‘Crianças recém-nascidas’

O Domingo na Oitava de Páscoa é tradicionalmente ligado aos neófitos, os cristãos que receberam o Batismo na Vigília Pascal. É chamado de Domingo in albis depositis (“com alvas depostas”) pois, antigamente, depois de usarem as vestes brancas recebidas no Batismo durante toda a oitava de Páscoa, os neófitos as abandonavam neste dia. 

Iluminados e purificados por Cristo, esses irmãos mais novos na fé começam uma vida nova, revestidos da graça santificante que as túnicas brancas simbolizam. E a Igreja, que nos gera para a fé, dirige-lhes a seguinte antífona: “Como crianças recém-nascidas, desejai o puro leite espiritual para crescerdes na salvação” (1Pd 2,2). A condição para se alcançar a salvação é se reconhecer como pequenino diante de Deus-Pai e da Mãe-Igreja, desejando com sofreguidão infantil o alimento da boa doutrina e da graça. Sem simplicidade de criança, é impossível crer; é impossível ter esperança; é impossível perdoar e esquecer as ofensas sofridas. 

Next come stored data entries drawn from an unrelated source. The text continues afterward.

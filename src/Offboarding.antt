-- ===== src/Offboarding.antt =====
-- src/bluelab/lifecycle: the service of an organisation, its offboarding and the claim of its purge
-- (service.py, restrictions.py and the claim of purge.py). Row locks make each call one step. Ids,
-- references and digests are numbers, times are those of Clock; the action of an operation and
-- its payload are one value. What only the audit carries is left out.
pub mod Commands
pub mod Terms
pub mod Renewal
pub mod Episode
pub mod Revision
pub mod Access
pub mod Restrictions
pub mod Claim
pub mod Fence
pub mod Staging
pub mod Settling
pub mod Steps
pub mod Upheld
pub mod Final
pub mod Late
mod Examples
use bluelab_backend_prod.Prelude.{
  ℕ, ◌+◌, Bool, true, false, ◌&&◌, ◌||◌, not, Option, none, some, List, [], ◌∷◌, ◌++◌, ◌==◌,
  same_id, any, find, if◌then◌else◌, Result, ok, err, ◌>>=◌, ◌>>◌, raise_if, or_raise,
}
use bluelab_backend_prod.Clock.{Calendar, Zone, ClockError, RetentionUnit}
use bluelab_backend_prod.Subjects.{
  OperationStatus, Request, is_pending_op, is_rejected_op, op_pending, op_applied, op_rejected,
  update_first,
}

pub data LifecycleStatus : Type 0 where
  active offboarding purging : LifecycleStatus

abbrev pub is_active : LifecycleStatus → Bool
is_active active = true
is_active _ = false

abbrev pub is_offboarding : LifecycleStatus → Bool
is_offboarding offboarding = true
is_offboarding _ = false

abbrev pub is_purging : LifecycleStatus → Bool
is_purging purging = true
is_purging _ = false

pub record Org : Type 0 where
  pub id : ℕ
  pub timezone : ℕ
  pub lifecycle_status : LifecycleStatus
  pub lifecycle_sequence : ℕ
  pub current_term : Option ℕ
  pub service_term_enforced : Bool
  pub service_starts_at : Option ℕ
  pub service_ends_at : Option ℕ
  pub offboarding_id : Option ℕ
  pub offboarding_started_at : Option ℕ
  pub offboarding_started_by : Option ℕ
  pub purge_eligible_at : Option ℕ
  pub policy_reference : Option ℕ

-- `OrgServiceTerm`
pub record Term : Type 0 where
  pub id : ℕ
  pub org : ℕ
  pub start_on : ℕ
  pub last_access_on : ℕ
  pub starts_at : ℕ
  pub ends_at : ℕ
  pub policy_reference : ℕ

-- A retention period: the `retention_policy` of a payload, and what a policy row has of it.
pub record RetentionPolicy : Type 0 where
  pub reference : ℕ
  pub period_value : ℕ
  pub period_unit : RetentionUnit
  pub calendar_timezone : Option ℕ

pub record PolicyRow : Type 0 where
  pub org : ℕ
  pub contract_reference : ℕ
  pub policy : RetentionPolicy

-- `command_payload` of a service term
pub record TermData : Type 0 where
  pub service_term_id : ℕ
  pub start_on : ℕ
  pub last_access_on : ℕ
  pub starts_at : ℕ
  pub ends_at : ℕ
  pub policy : RetentionPolicy
  pub policy_is_revision : Bool
  pub contract_reference : ℕ
  pub cancelled_offboarding_id : Option ℕ

-- `command_payload` of the start of an offboarding; `cutoff` is its cutoff and its deadline
pub record StartData : Type 0 where
  pub policy : RetentionPolicy
  pub cutoff : Option (ℕ × ℕ)

pub data LifecycleAction : Type 0 where
  confirm_term renew_term : TermData → LifecycleAction
  expire_term : ℕ → ℕ → ℕ → LifecycleAction
  start : StartData → LifecycleAction
  cancel : ℕ → LifecycleAction
  extend : ℕ → ℕ → LifecycleAction
  policy_revision : ℕ → RetentionPolicy → LifecycleAction
  create_restriction : Option ℕ → LifecycleAction
  release_restriction : LifecycleAction
  claim : ℕ → LifecycleAction

pub record LifecycleOperation : Type 0 where
  pub id : ℕ
  pub org : ℕ
  pub term : Option ℕ
  pub episode : Option ℕ
  pub restriction : Option ℕ
  pub action : LifecycleAction
  pub status : OperationStatus
  pub expected_sequence : ℕ
  pub resulting_sequence : Option ℕ
  pub actor : Option ℕ
  pub reason : ℕ
  pub requested_deadline : Option ℕ
  pub digest : Option ℕ

pub record DeletionRestriction : Type 0 where
  pub id : ℕ
  pub org : ℕ
  pub episode : Option ℕ
  pub is_active : Bool
  pub related_request : Option ℕ

pub record PurgeRun : Type 0 where
  pub id : ℕ
  pub org : ℕ
  pub episode : Option ℕ
  pub purge_eligible_at : Option ℕ

pub record LifecycleTables : Type 0 where
  pub orgs : List Org
  pub terms : List Term
  pub policies : List PolicyRow
  pub operations : List LifecycleOperation
  pub restrictions : List DeletionRestriction
  pub requests : List Request
  pub runs : List PurgeRun

pub data LifecycleProblem : Type 0 where
  not_found operation_id_reuse sequence_stale history_unverified : LifecycleProblem
  purge_already_claimed episode_stale term_invalid reason_required : LifecycleProblem
  policy_unverified purge_blocked no_result key_error : LifecycleProblem
  clock : ClockError → LifecycleProblem

-- The libraries of time and of ids that the decisions use: uuid5 of a term and of an episode.
pub record Library : Type 0 where
  pub calendar : Calendar
  pub zone : ℕ → Zone
  pub expiry_id : ℕ → ℕ → ℕ
  pub claim_id : ℕ → ℕ → ℕ
  pub run_id : ℕ → ℕ → ℕ

-- The inputs that each prepared command has; `fresh` is the next new id, and a blank reason is none.
pub record LifecycleOrder : Type 0 where
  pub org_id : ℕ
  pub operation_id : ℕ
  pub actor_id : ℕ
  pub expected_sequence : ℕ
  pub reason : Option ℕ
  pub digest : ℕ
  pub head_sequence : ℕ
  pub fresh : ℕ

-- An accepted event of the history; `matches` compares its action and data with an operation's.
pub record LifecycleEvent : Type 0 where
  pub operation_id : ℕ
  pub org_id : ℕ
  pub matches : LifecycleAction → Bool
  pub actor_id : Option ℕ
  pub reason : ℕ
  pub sequence : ℕ
  pub accepted_at : ℕ

abbrev pub find_org : ℕ → LifecycleTables → Option Org
find_org id t = find (λ g. g.id == id) t.orgs

abbrev pub find_operation : ℕ → LifecycleTables → Option LifecycleOperation
find_operation id t = find (λ o. o.id == id) t.operations

-- the current term of `lifecycle_projection`
unfoldable pub term_of : LifecycleTables → Org → Option Term
term_of t g = find (λ s. same_id (some s.id) g.current_term) t.terms

unfoldable pub has_pending : ℕ → LifecycleTables → Bool
has_pending org t = any (λ o. o.org == org && is_pending_op o.status) t.operations
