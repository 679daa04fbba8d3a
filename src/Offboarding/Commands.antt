-- ===== src/Offboarding/Commands.antt =====
-- src/bluelab/lifecycle: the shape that the staged commands share, and that of their application.
use bluelab_backend_prod.Prelude.{
  ℕ, ◌+◌, Bool, ◌&&◌, ◌||◌, not, Option, none, some, [], ◌∷◌, ◌++◌, ◌==◌, same_id, if◌then◌else◌,
  Result, ok, ◌>>=◌, ◌>>◌, raise_if, or_raise,
}
use bluelab_backend_prod.Offboarding.{
  LifecycleAction, LifecycleOperation, LifecycleOrder, LifecycleEvent, LifecycleTables,
  LifecycleProblem, Org, find_org, find_operation, not_found, operation_id_reuse, sequence_stale,
  history_unverified,
}
use bluelab_backend_prod.Subjects.{
  is_pending_op, is_rejected_op, op_pending, op_applied, op_rejected, update_first,
}

-- An operation whose id is known is returned if it is of the same command.
unfoldable pub replayed :
    LifecycleOrder
    → (LifecycleOperation → Bool)
    → LifecycleOperation
    → Result LifecycleProblem LifecycleOperation
replayed c same o = do
  raise_if
      (not (o.org == c.org_id)
        || not (same o)
        || not (same_id o.actor (some c.actor_id))
        || not (same_id o.digest (some c.digest)))
      operation_id_reuse
  raise_if (is_rejected_op o.status) sequence_stale
  ok o

-- The organisation, if it stands where the history and the command say.
unfoldable pub current_org : LifecycleOrder → LifecycleTables → Result LifecycleProblem Org
current_org c t = do
  g ← or_raise (find_org c.org_id t) not_found
  raise_if (not (g.lifecycle_sequence == c.head_sequence)) history_unverified
  raise_if (not (c.expected_sequence == c.head_sequence)) sequence_stale
  ok g

unfoldable pub add_operation :
    LifecycleTables → LifecycleOperation → LifecycleTables × LifecycleOperation
add_operation t o = (record t { operations = t.operations ++ o ∷ [] }, o)

-- The shape of every prepared command: a known id is replayed, another is checked and added.
unfoldable pub stage_command :
    LifecycleOrder
    → (LifecycleOperation → Bool)
    → Result LifecycleProblem LifecycleOperation
    → LifecycleTables
    → Result LifecycleProblem (LifecycleTables × LifecycleOperation)
unfolding replayed add_operation
stage_command c same new t = elim (find_operation c.operation_id t) [
  | some o ↦ replayed c same o >>= λ o'. ok (t, o')
  | none ↦ new >>= λ o. ok (add_operation t o)
]

-- The row of a command that is staged.
unfoldable pub new_row :
    LifecycleOrder → Option ℕ → Option ℕ → ℕ → LifecycleAction → Option ℕ → LifecycleOperation
new_row c term episode reason action deadline = record {
  id = c.operation_id;
  org = c.org_id;
  term = term;
  episode = episode;
  restriction = none;
  action = action;
  status = op_pending;
  expected_sequence = c.expected_sequence;
  resulting_sequence = none;
  actor = some c.actor_id;
  reason = reason;
  requested_deadline = deadline;
  digest = some c.digest;
}

-- The event that an operation waits for.
unfoldable pub is_accepted : LifecycleOperation → LifecycleEvent → Bool
is_accepted o e =
    is_pending_op o.status
    && e.operation_id == o.id
    && e.org_id == o.org
    && e.matches o.action
    && e.sequence == o.expected_sequence + 1

unfoldable pub is_authored : LifecycleOperation → LifecycleEvent → Bool
is_authored o e = same_id e.actor_id o.actor && e.reason == o.reason

-- An accepted operation is marked, and its organisation is moved to the event's sequence.
unfoldable pub accept_operation :
    LifecycleOperation → LifecycleEvent → (Org → Org) → LifecycleTables → LifecycleTables
unfolding update_first
accept_operation o e f t = record t {
  orgs =
      update_first (λ g. g.id == o.org) (λ g. record (f g) { lifecycle_sequence = e.sequence })
        t.orgs;
  operations =
      update_first (λ x. x.id == o.id)
        (λ x. record x { status = op_applied; resulting_sequence = some e.sequence }) t.operations;
}

-- The organisation of an accepted operation, at the sequence that the operation expects.
unfoldable pub accepted_org :
    LifecycleOperation → LifecycleEvent → LifecycleTables → Result LifecycleProblem Org
unfolding is_accepted is_authored
accepted_org o e t = do
  raise_if (not (is_accepted o e) || not (is_authored o e)) history_unverified
  g ← or_raise (find_org o.org t) history_unverified
  raise_if (not (g.lifecycle_sequence == o.expected_sequence)) history_unverified
  ok g

-- `reject_term`
unfoldable pub reject_term : ℕ → LifecycleTables → LifecycleTables
unfolding update_first
reject_term id t = record t {
  operations =
      update_first (λ o. o.id == id)
        (λ o. if is_pending_op o.status then record o { status = op_rejected } else o) t.operations;
}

Aqui está um paradoxo da fé! Para se tornar grande e maduro, o homem deve ter um coração de criança: “Se não vos converterdes e vos tornardes como as criancinhas, não entrareis no Reino dos Céus” (Mt 18,3). A incredulidade de Tomé, descrita no Evangelho de hoje, é no fundo uma falta de simplicidade – de infância – espiritual. O Senhor repreende-o: “Não sejas incrédulo, mas fiel. Felizes os que creram sem terem visto” (Jo 20,27.29). Como uma criança que acredita e confia na palavra de seu Pai, assim o cristão se coloca diante da revelação divina, do ensinamento da Igreja e, até mesmo, dos acontecimentos do mundo. Sabe que, por meio de sua Providência, Deus, como um Pai, cerca de carinho e proteção os seus filhinhos. E, diante daquilo que não pode compreender e solucionar,  apenas diz: “Eu não sei, mas meu Pai sabe”. 

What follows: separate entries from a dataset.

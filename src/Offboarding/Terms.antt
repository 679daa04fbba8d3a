-- ===== src/Offboarding/Terms.antt =====
-- src/bluelab/lifecycle/service.py: confirming, renewing and expiring a service term, with
-- apply_org_service_term of src/bluelab/modules/identity/service.py.
use bluelab_backend_prod.Prelude.{
  ℕ, ◌&&◌, ◌||◌, not, Option, none, some, [], ◌∷◌, ◌++◌, ◌==◌, leb, is_some, same_id, find,
  if◌then◌else◌, Result, ok, err, ◌>>=◌, ◌>>◌, raise_if, or_raise,
}
use bluelab_backend_prod.Clock.{ClockError, retention_deadline}
use bluelab_backend_prod.Offboarding.{
  LifecycleAction, confirm_term, renew_term, expire_term, Library, LifecycleEvent,
  LifecycleOperation, LifecycleProblem, history_unverified, policy_unverified, clock,
  LifecycleTables, Org, RetentionPolicy, Term, TermData, offboarding, is_active, find_operation,
  find_org, has_pending, term_of,
}
use bluelab_backend_prod.Offboarding.Commands.{accepted_org, accept_operation}
use bluelab_backend_prod.Subjects.{is_applied_op, op_pending}

abbrev pub term_data : LifecycleAction → Option TermData
term_data (confirm_term d) = some d
term_data (renew_term d) = some d
term_data _ = none

-- the cutoff, the deadline and the policy of an expiry
abbrev pub expiry_data : LifecycleAction → Option (ℕ × ℕ × ℕ)
expiry_data (expire_term ended deadline reference) = some (ended, deadline, reference)
expiry_data _ = none

-- A clock error ends a preparation as it is, where no `except ValueError` stands around it.
abbrev pub timed {ℓ} : {A : Type ℓ} → Result ClockError A → Result LifecycleProblem A
timed (ok a) = ok a
timed (err e) = err (clock e)

unfoldable pub deadline_of : Library → ℕ → RetentionPolicy → Result ClockError ℕ
deadline_of lib cutoff p =
    retention_deadline lib.calendar cutoff p.period_value p.period_unit
      (elim p.calendar_timezone [ none ↦ none | some z ↦ some (lib.zone z) ])

-- `_term_policy`
unfoldable pub term_policy : LifecycleTables → Term → Result LifecycleProblem RetentionPolicy
term_policy t s = do
  o ←
      or_raise
        (find
          (λ o.
            o.org == s.org
            && same_id o.term (some s.id)
            && is_applied_op o.status
            && is_some (term_data o.action))
          t.operations)
        policy_unverified
  d ← or_raise (term_data o.action) policy_unverified
  raise_if (not (d.policy.reference == s.policy_reference)) policy_unverified
  ok d.policy

-- The row of an expiry; its deadline comes from the term's end.
unfoldable pub expiry_row : Library → ℕ → Org → Term → ℕ → LifecycleOperation
expiry_row lib fresh g s deadline = record {
  id = lib.expiry_id g.id s.id;
  org = g.id;
  term = some s.id;
  episode = some fresh;
  restriction = none;
  action = expire_term s.ends_at deadline s.policy_reference;
  status = op_pending;
  expected_sequence = g.lifecycle_sequence;
  resulting_sequence = none;
  actor = none;
  reason = 0;
  requested_deadline = some deadline;
  digest = none;
}

-- an active organisation whose term has ended
unfoldable pub due_term : ℕ → LifecycleTables → Org → Option Term
unfolding term_of
due_term now t g = elim (term_of t g) [
  | none ↦ none
  | some s ↦ if is_active g.lifecycle_status && leb s.ends_at now then some s else none
]

unfoldable pub new_expiry :
    Library → ℕ → ℕ → Org → Term → LifecycleTables → Result LifecycleProblem LifecycleOperation
unfolding term_policy deadline_of expiry_row has_pending
new_expiry lib head fresh g s t = do
  raise_if (not (g.lifecycle_sequence == head)) history_unverified
  raise_if (has_pending g.id t) history_unverified
  p ← term_policy t s
  deadline ← timed (deadline_of lib s.ends_at p)
  ok (expiry_row lib fresh g s deadline)

-- `prepare_expiry`
unfoldable pub prepare_expiry :
    Library
    → ℕ
    → ℕ
    → ℕ
    → ℕ
    → LifecycleTables
    → Result LifecycleProblem (LifecycleTables × Option LifecycleOperation)
unfolding due_term new_expiry
prepare_expiry lib now org_id head fresh t = elim (find_org org_id t) [
  | none ↦ ok (t, none)
  | some g ↦ elim (due_term now t g) [
    | none ↦ ok (t, none)
    | some s ↦ elim (find_operation (lib.expiry_id org_id s.id) t) [
      | some o ↦ ok (t, some o)
      | none ↦ new_expiry lib head fresh g s t >>= λ o.
          ok (record t { operations = t.operations ++ o ∷ [] }, some o)
    ]
  ]
]

unfoldable pub expired : LifecycleOperation → ℕ → ℕ → ℕ → Org → Org
expired o ended deadline reference g = record g {
  lifecycle_status = offboarding;
  offboarding_id = o.episode;
  offboarding_started_at = some ended;
  offboarding_started_by = none;
  purge_eligible_at = some deadline;
  policy_reference = some reference;
}

-- `apply_expiry`
unfoldable pub apply_expiry :
    ℕ → LifecycleEvent → LifecycleTables → Result LifecycleProblem LifecycleTables
unfolding accepted_org expired term_of accept_operation
apply_expiry id e t = do
  o ← or_raise (find_operation id t) history_unverified
  d ← or_raise (expiry_data o.action) history_unverified
  if is_applied_op o.status
      then ok t
      else (accepted_org o e t >>= λ g. or_raise (term_of t g) history_unverified >>= λ s.
          raise_if
            (is_some e.actor_id
              || not (is_active g.lifecycle_status)
              || not (same_id (some s.id) o.term)
              || not (s.ends_at == d.0))
            history_unverified
          >> ok (accept_operation o e (expired o d.0 d.1 d.2) t))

Neste domingo, Jesus mostra suas chagas aos Apóstolos, deseja-lhes a paz, sopra sobre eles e institui o Sacramento da Confissão: “Recebei o Espírito Santo. Àqueles a quem perdoardes os pecados, ser-lhes-ão perdoados; àqueles a quem os retiverdes, ser-lhes-ão retidos” (Jo 20,22s). Por isso, João Paulo II o chamou “Domingo da Misericórdia”. Ora, a paz está ao alcance apenas de quem tem alma simples, sem complicações e sem soberba. E o perdão divino é somente para aqueles que, como uma criança, reconhecem e confessam os seus pecados e erros; para os que não têm medo de segurar firme nas mãos chagadas de Jesus e de se estreitar no seu peito aberto. 

Nos últimos decênios, alguns abandonaram a piedade e a fé católica tradicional sob o pretexto de buscarem uma “fé madura”. Deixando de lado a boa teologia, o Terço, a oração de joelhos, as orações em família, as novenas, imagens e procissões, reduziram a vida cristã a um humanismo árido. Esqueceram-se de que a misericórdia é para os pequenos. E de que Cristo disse: “Eu te louvo, o Pai, Senhor do Céu e da terra, pois escondestes estas coisas dos sábios e entendidos e as revelastes às criancinhas” (Mt 11,25).